The second experiment involved the feature visualization of the model trained with the Dueling DQN algorithm, with the results shown in
Figure 40. The leftmost image depicts the feature visualization result of a model that successfully executed the navigation task in the simulation environment. Regardless of the Duckiebot position on the map, the attention regions of the model predominantly covered the yellow and white road lines. A similar pattern was observed in the real-world environment for models trained with the CycleGAN-based Sim2Real method. In contrast, models trained with domain randomization and without Sim2Real methods mainly focused on the white road lines, with very limited attention to the yellow lines.
Based on these observations, it is inferred that domain randomization and the absence of Sim2Real techniques were insufficient to bridge the gap between the simulated and real environments. As a result, the neural networks failed to extract features related to the yellow road lines, ultimately leading to the failure of the navigation tasks.
Compared to the simulation environment, the real-world success rates in
Table 5 are significantly lower than those in
Table 3, despite using the same algorithms. This performance gap can be attributed to several factors: (1) the increased complexity of the real-world driving environment, which includes more varied lighting conditions, non-uniform road textures, and localization errors, and (2) the models’ insufficient generalization ability despite domain adaptation, as confirmed by feature visualization results.

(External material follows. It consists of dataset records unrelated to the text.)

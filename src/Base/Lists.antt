-- ===== src/Base/Lists.antt =====
-- Lists measured by native numbers, and predicates over lists by recursion.
use Prim.Native.Nat.{ℕ, suc, ◌+◌, ◌≤◌}
use mathlib.Core.Path.{◌≡◌, refl}
use mathlib.Core.Bool.{Bool, true, false, ◌||◌}
use mathlib.Core.List.{List, [], ◌∷◌, ◌++◌}
use mathlib.Core.Logic.{inl, inr, ◌↔◌}
use native.Mathlib.Omega.{arith}
use training_ops_scheduling.Base.Tests.{Bool-cases, if◌then◌else◌}

module _ {ℓ} {A : Type ℓ} where
  abbrev pub length : List A → ℕ
  length [] = 0
  length (x ∷ xs) = suc (length xs)

  pub length-append : (xs ys : List A) → length (xs ++ ys) ≡ length xs + length ys
  length-append [] ys = omega arith
  length-append (x ∷ xs) ys = omega (arith, length-append xs ys)

  pub append-eq-nil : (xs ys : List A) → xs ++ ys ≡ [] → (xs ≡ []) × (ys ≡ [])
  append-eq-nil [] ys h = (refl, h)
  append-eq-nil (x ∷ xs) ys h = absurd (cc)

  -- The elements that pass a Boolean test, in order.
  unfoldable pub select : (A → Bool) → List A → List A
  select p [] = []
  select p (x ∷ xs) = let rest = select p xs in if p x then x ∷ rest else rest

  unfoldable pub any : (A → Bool) → List A → Bool
  any p [] = false
  any p (x ∷ xs) = p x || any p xs

  pub any-append : (p : A → Bool) (xs ys : List A) → any p (xs ++ ys) ≡ (any p xs || any p ys)
  unfolding any
  any-append p [] ys = refl
  any-append p (x ∷ xs) ys = ground (arith, any-append p xs ys)

  pub length-select-le : (p : A → Bool) (xs : List A) → length (select p xs) ≤ length xs
  unfolding select
  length-select-le p [] = omega arith
  length-select-le p (x ∷ xs) = ground (arith, length-select-le p xs)

module _ {ℓ κ} {A : Type ℓ} (P : A → Type κ) where
  abbrev pub All : List A → Type κ
  All [] = Unit
  All (x ∷ xs) = P x × All xs

  pub All-append : (xs ys : List A) → All xs → All ys → All (xs ++ ys)
  All-append [] ys hx hy = hy
  All-append (x ∷ xs) ys hx hy = (hx.0, All-append xs ys hx.1 hy)

module _ {ℓ κ} {A : Type ℓ} (P : A → Type κ) where
  -- `P` holds of an element.
  pub data Some : List A → Type (ℓ ⊔ κ) where
    at_head : {x : A} {xs : List A} → P x → Some (x ∷ xs)
    in_tail : {x : A} {xs : List A} → Some xs → Some (x ∷ xs)

module _ {ℓ κ μ} {A : Type ℓ} {P : A → Type κ} {Q : A → Type μ} where
  pub All-mono : ((a : A) → P a → Q a) → (xs : List A) → All P xs → All Q xs
  All-mono f [] h = tt
  All-mono f (x ∷ xs) h = (f x h.0, All-mono f xs h.1)

module _ {ℓ κ} {A : Type ℓ} (P : A → Type κ) (p : A → Bool) where
  -- What holds of the selected elements holds of every element that passes the test.
  pub select-All_iff : (xs : List A) → All P (select p xs) ↔ All (λ x. p x ≡ true → P x) xs
  unfolding select
  select-All_iff [] = (λ h. tt, λ h. tt)
  select-All_iff (x ∷ xs) = elim (Bool-cases (p x)) [
    | inl keep ↦
        rw keep
          (λ h. (λ _. h.0, (select-All_iff xs).0 h.1), λ h. (h.0 refl, (select-All_iff xs).1 h.1))
    | inr drop ↦
        rw drop (λ h. (λ e. absurd (cc), (select-All_iff xs).0 h), λ h. (select-All_iff xs).1 h.1)
  ]

module _ {ℓ} {A : Type ℓ} (p : A → Bool) where
  pub any-false_iff : (xs : List A) → (any p xs ≡ false) ↔ All (λ x. p x ≡ false) xs
  unfolding any
  any-false_iff [] = (λ h. tt, λ h. refl)
  any-false_iff (x ∷ xs) =
      let ih = any-false_iff xs in
      (λ h. (ground arith, ih.0 (ground arith)), λ h. let rest = ih.1 h.1 in ground arith)

module _ {ℓ κ μ} {A : Type ℓ} (P : A → Type κ) (Q : A → Type μ) where
  pub All-zip : (xs : List A) → All P xs → All Q xs → All (λ x. P x × Q x) xs
  All-zip [] h k = tt
  All-zip (x ∷ xs) h k = ((h.0, k.0), All-zip xs h.1 k.1)

pub All-unit {ℓ} : {A : Type ℓ} (xs : List A) → All (λ _. Unit {0}) xs
All-unit [] = tt
All-unit (x ∷ xs) = (tt, All-unit xs)

module _ {ℓ κ} {A : Type ℓ} (P : A → Type κ) (p : A → Bool) where
  -- A test that decides `P` passes for an element exactly when `P` holds of one.
  pub any-Some_iff : ((x : A) → (p x ≡ true) ↔ P x) → (xs : List A) → (any p xs ≡ true) ↔ Some P xs
  unfolding any
  any-Some_iff d [] = (λ h. absurd (cc), λ h. elim h [ ])
  any-Some_iff d (x ∷ xs) = (
    λ h. elim (Bool-cases (p x)) [
      | inl e ↦ at_head ((d x).0 e)
      | inr e ↦ in_tail ((any-Some_iff d xs).0 (ground arith))
    ],
    λ h. elim h [
      | at_head e ↦ let k = (d x).1 e in ground arith
      | in_tail e ↦ let k = (any-Some_iff d xs).1 e in ground arith
    ],
  )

These findings highlight the limitations of current Sim2Real techniques and the need for more robust domain transfer strategies.
5. Conclusions
In this paper, we developed an autonomous vehicle system based on deep reinforcement learning methods. The system enables the Duckiebot to perform lane-keeping tasks in both simulated and real environments. For navigation, the A star algorithm is used to calculate the shortest path from the start point to the destination, with both the planned path and camera images fed into a neural network. The simulation results demonstrate the effectiveness and feasibility of this combined approach.

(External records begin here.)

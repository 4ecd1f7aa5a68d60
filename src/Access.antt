-- ===== src/Access.antt =====
-- Who may do what: repo/backend/internal/api/middleware/authorization.go. ToLower and TrimSpace are
-- parameters.
mod Tests
use training_ops_scheduling.Base.{
  ◌≡◌, ◌≢◌, ◌⊎◌, ◌↔◌, refl, sym, inl, inr, String, Bool, true, false, ◌||◌, Option, none, some,
  List, [], ◌∷◌, arith, any, str_eq, str_eq_iff, str_eq_refl, Bool-cases, if◌then◌else◌,
}

-- 401 and 403 with an error text, or the next handler.
pub data Decision : Type 0 where
  proceed : Decision
  unauthorized forbidden : String → Decision

module _ (to_lower trim_space : String → String) where
  unfoldable pub normalize : String → String
  normalize role = to_lower (trim_space role)

  -- `allowed[role]`: some role of the list is this one.
  unfoldable pub is_allowed : List String → String → Bool
  unfolding any normalize
  is_allowed roles role = any (λ r. str_eq (normalize r) role) roles

  unfoldable pub require_role : List String → String → Decision
  unfolding is_allowed normalize
  require_role roles header =
      let role = normalize header in
      if str_eq role ""
      then unauthorized "missing role claim"
      else if str_eq role "admin"
      then proceed
      else if is_allowed roles role
      then proceed
      else forbidden "insufficient role privileges"

  -- Some role of the list reads the same, without case and spaces.
  pub data Listed (role : String) : List String → Type 0 where
    here : {r : String} {roles : List String} → normalize r ≡ role → Listed role (r ∷ roles)
    there : {r : String} {roles : List String} → Listed role roles → Listed role (r ∷ roles)

  Listed-is_allowed :
      {role : String} {roles : List String} → Listed role roles → is_allowed roles role ≡ true
  unfolding is_allowed any
  Listed-is_allowed {role} (here {r} e) =
      let same = (str_eq_iff (normalize r) role).1 e in ground arith
  Listed-is_allowed (there l) = let rest = Listed-is_allowed l in ground arith

  is_allowed-Listed :
      (roles : List String) (role : String) → is_allowed roles role ≡ true → Listed role roles
  unfolding is_allowed any
  is_allowed-Listed [] role h = absurd (cc)
  is_allowed-Listed (r ∷ roles) role h = elim (Bool-cases (str_eq (normalize r) role)) [
    | inl same ↦ here ((str_eq_iff (normalize r) role).0 same)
    | inr other ↦ there (is_allowed-Listed roles role (ground arith))
  ]

  -- A request goes on exactly when its role, without case and spaces, is named and is admin or one
  -- of the list's; without a role it is unauthorized, and with another one forbidden.
  pub require_role_branches :
      (roles : List String) (header : String)
      → ((require_role roles header ≡ proceed) ↔ (
          (normalize header ≢ "")
          × ((normalize header ≡ "admin") ⊎ Listed (normalize header) roles)))
        × ((require_role roles header ≡ unauthorized "missing role claim")
            ↔ (normalize header ≡ ""))
        × ((require_role roles header ≡ forbidden "insufficient role privileges") ↔ (
            (normalize header ≢ "")
            × (normalize header ≢ "admin")
            × (¬ Listed (normalize header) roles)))
  unfolding require_role
  require_role_branches roles header =
      let role = normalize header in
      let named = str_eq_iff role "" in
      let boss = str_eq_iff role "admin" in
      elim (Bool-cases (str_eq role "")) [
        | inl nameless ↦
            rw (nameless, require_role)
              (
                (λ h. absurd (cc), λ (n, _). absurd (n (named.0 nameless))),
                (λ _. named.0 nameless, λ _. refl),
                (λ h. absurd (cc), λ (n, _, _). absurd (n (named.0 nameless))),
              )
        | inr some_name ↦
            let claimed : role ≢ "" = λ e. let yes = named.1 e in cc in
            elim (Bool-cases (str_eq role "admin")) [
              | inl admin ↦
                  rw (some_name, admin, require_role)
                    (
                      (λ _. (claimed, inl (boss.0 admin)), λ _. refl),
                      (λ h. absurd (cc), λ e. absurd (claimed e)),
                      (λ h. absurd (cc), λ (_, n, _). absurd (n (boss.0 admin))),
                    )
              | inr other ↦
                  let not_boss : role ≢ "admin" = λ e. let yes = boss.1 e in cc in
                  elim (Bool-cases (is_allowed roles role)) [
                    | inl listed ↦
                        rw (some_name, other, listed, require_role)
                          (
                            (λ _. (claimed, inr (is_allowed-Listed roles role listed)), λ _. refl),
                            (λ h. absurd (cc), λ e. absurd (claimed e)),
                            (
                              λ h. absurd (cc),
                              λ (_, _, n). absurd (n (is_allowed-Listed roles role listed)),
                            ),
                          )
                    | inr off ↦
                        let unlisted : ¬ Listed role roles =
                          λ l. let yes = Listed-is_allowed l in cc in
                        rw (some_name, other, off, require_role)
                          (
                            (
                              λ h. absurd (cc),
                              λ (_, h). elim h [
                                | inl e ↦ absurd (not_boss e)
                                | inr l ↦ absurd (unlisted l)
                              ],
                            ),
                            (λ h. absurd (cc), λ e. absurd (claimed e)),
                            (λ _. (claimed, not_boss, unlisted), λ _. refl),
                          )
                  ]
            ]
      ]

-- `nil` is `none`.
unfoldable pub verify_resource_access : String → String → Option String
verify_resource_access resource_tenant_id claims_tenant_id =
    if str_eq resource_tenant_id "" || str_eq claims_tenant_id ""
    then some "forbidden resource access"
    else if str_eq resource_tenant_id claims_tenant_id
    then none
    else some "forbidden resource access"

-- Access is given exactly to the tenant that the resource belongs to, where that tenant is named.
pub verify_resource_access-none_iff :
    (resource_tenant_id claims_tenant_id : String)
    → (verify_resource_access resource_tenant_id claims_tenant_id ≡ none)
      ↔ ((resource_tenant_id ≡ claims_tenant_id) × (claims_tenant_id ≢ ""))
unfolding verify_resource_access
verify_resource_access-none_iff a b = (
  λ h. ground (arith, str_eq_iff a b, str_eq_iff a "", str_eq_iff b ""),
  λ h. ground (arith, str_eq_iff a b, str_eq_iff a "", str_eq_iff b ""),
)
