-- ===== src/Access/Tests.antt =====
-- Roles and tenants at concrete requests: the theorems applied.
use training_ops_scheduling.Base.{◌≡◌, ◌≢◌, ◌⊎◌, ◌↔◌, String, List, [], ◌∷◌}
use training_ops_scheduling.Access.{
  proceed, unauthorized, forbidden, require_role, normalize, Listed, require_role_branches,
}

abbrev keep : String → String
keep text = text

abbrev staff : List String
staff = "coordinator" ∷ "instructor" ∷ []

require_role_branches_example :
    ((require_role keep keep staff "instructor" ≡ proceed) ↔ (
      (normalize keep keep "instructor" ≢ "")
      × ((normalize keep keep "instructor" ≡ "admin")
          ⊎ Listed keep keep (normalize keep keep "instructor") staff)))
    × ((require_role keep keep staff "instructor" ≡ unauthorized "missing role claim")
        ↔ (normalize keep keep "instructor" ≡ ""))
    × ((require_role keep keep staff "instructor" ≡ forbidden "insufficient role privileges") ↔ (
        (normalize keep keep "instructor" ≢ "")
        × (normalize keep keep "instructor" ≢ "admin")
        × (¬ Listed keep keep (normalize keep keep "instructor") staff)))
require_role_branches_example = require_role_branches keep keep staff "instructor"

abbrev acme : String
acme = "acme"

However, due to the physical differences between the simulated and real environments, the Duckiebot trained in simulation faces challenges when deployed in the real world. Even with the application of Sim2Real techniques such as CycleGAN and domain randomization, the system could only complete about half of the navigation tasks in real-world testing. Notably, although the Dueling DQN and PPO algorithms achieved high success rates in simulation (96.4% and 66%, respectively), their performance in the real world dropped significantly to 62% and 52%. This discrepancy reveals the difficulty of real-world deployment, particularly for navigation tasks. The complexity of the physical environment—including tighter turns, visual distractions, and non-uniform road features—adds to the challenge of policy transfer. Feature visualization experiments further indicate that models without Sim2Real adaptation fail to focus on essential features such as yellow lane markings, contributing to the performance gap.

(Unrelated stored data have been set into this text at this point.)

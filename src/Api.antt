-- ===== src/Api.antt =====
-- The HTTP interface: repo/backend/internal/api.
pub mod Http
pub mod Guard
pub mod Router
pub mod Booking
pub mod Tests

Among all tested algorithms, the Dueling DQN algorithm demonstrated the best overall performance, showing faster convergence and higher training rewards. While these results indicate promising progress, ensuring the safety, robustness, and reliability of autonomous driving systems remains a critical concern. Future work will focus on addressing the challenges posed by complex real-world environments, enhancing the system’s ability to generalize across varied conditions. This includes developing safety-aware policies, incorporating richer sensor modalities, expanding training diversity, and implementing more resilient Sim2Real transfer strategies to bridge the simulation-to-reality gap effectively.